# [The problem]
Each of the entries beneath this task should be written out exactly.
Supplied data START
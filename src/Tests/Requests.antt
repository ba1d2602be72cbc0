-- ===== src/Tests/Requests.antt =====
-- Requests and a queue that the tests share.
use tp_sist_op.Prelude.{[], ◌∷◌, refl}
use tp_sist_op.Prelude.Int.{pos, ◌+ℤ◌, wrap}
use tp_sist_op.Queue.{Origin, PendingRequest, ColaPendingRequest}
use tp_sist_op.Queue.Fifo.{waiting, IsCounted}

abbrev pub first_request : PendingRequest
first_request = record { job_id = pos 5; amount = pos 3; owner_conn = 1; origen = Origin.remote }

abbrev pub second_request : PendingRequest
second_request = record { job_id = pos 6; amount = pos 2; owner_conn = 2; origen = Origin.local }

abbrev pub two_waiting : ColaPendingRequest
two_waiting = record { nodes = first_request ∷ second_request ∷ []; amount = pos 5 }

abbrev pub none_waiting : ColaPendingRequest
none_waiting = record { nodes = []; amount = pos 0 }

pub two_waiting-IsCounted : IsCounted two_waiting
unfolding wrap waiting ◌+ℤ◌
two_waiting-IsCounted = refl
Supplied data END
# [Finished exercise]
filename src/Tests/Requests.antt
repository ba1d2602be72cbc0
-- ===== src/Tests/Requests.antt =====
-- Requests and a queue that the tests share.
use tp_sist_op.Prelude.{[], ◌∷◌, refl}
use tp_sist_op.Prelude.Int.{pos, ◌+ℤ◌, wrap}
use tp_sist_op.Queue.{Origin, PendingRequest, ColaPendingRequest}
use tp_sist_op.Queue.Fifo.{waiting, IsCounted}

abbrev pub first_request : PendingRequest
first_request = record { job_id = pos 5; amount = pos 3; owner_conn = 1; origen = Origin.remote }

abbrev pub second_request : PendingRequest
second_request = record { job_id = pos 6; amount = pos 2; owner_conn = 2; origen = Origin.local }

abbrev pub two_waiting : ColaPendingRequest
two_waiting = record { nodes = first_request ∷ second_request ∷ []; amount = pos 5 }

abbrev pub none_waiting : ColaPendingRequest
none_waiting = record { nodes = []; amount = pos 0 }

pub two_waiting-IsCounted : IsCounted two_waiting
unfolding wrap waiting ◌+ℤ◌
two_waiting-IsCounted = refl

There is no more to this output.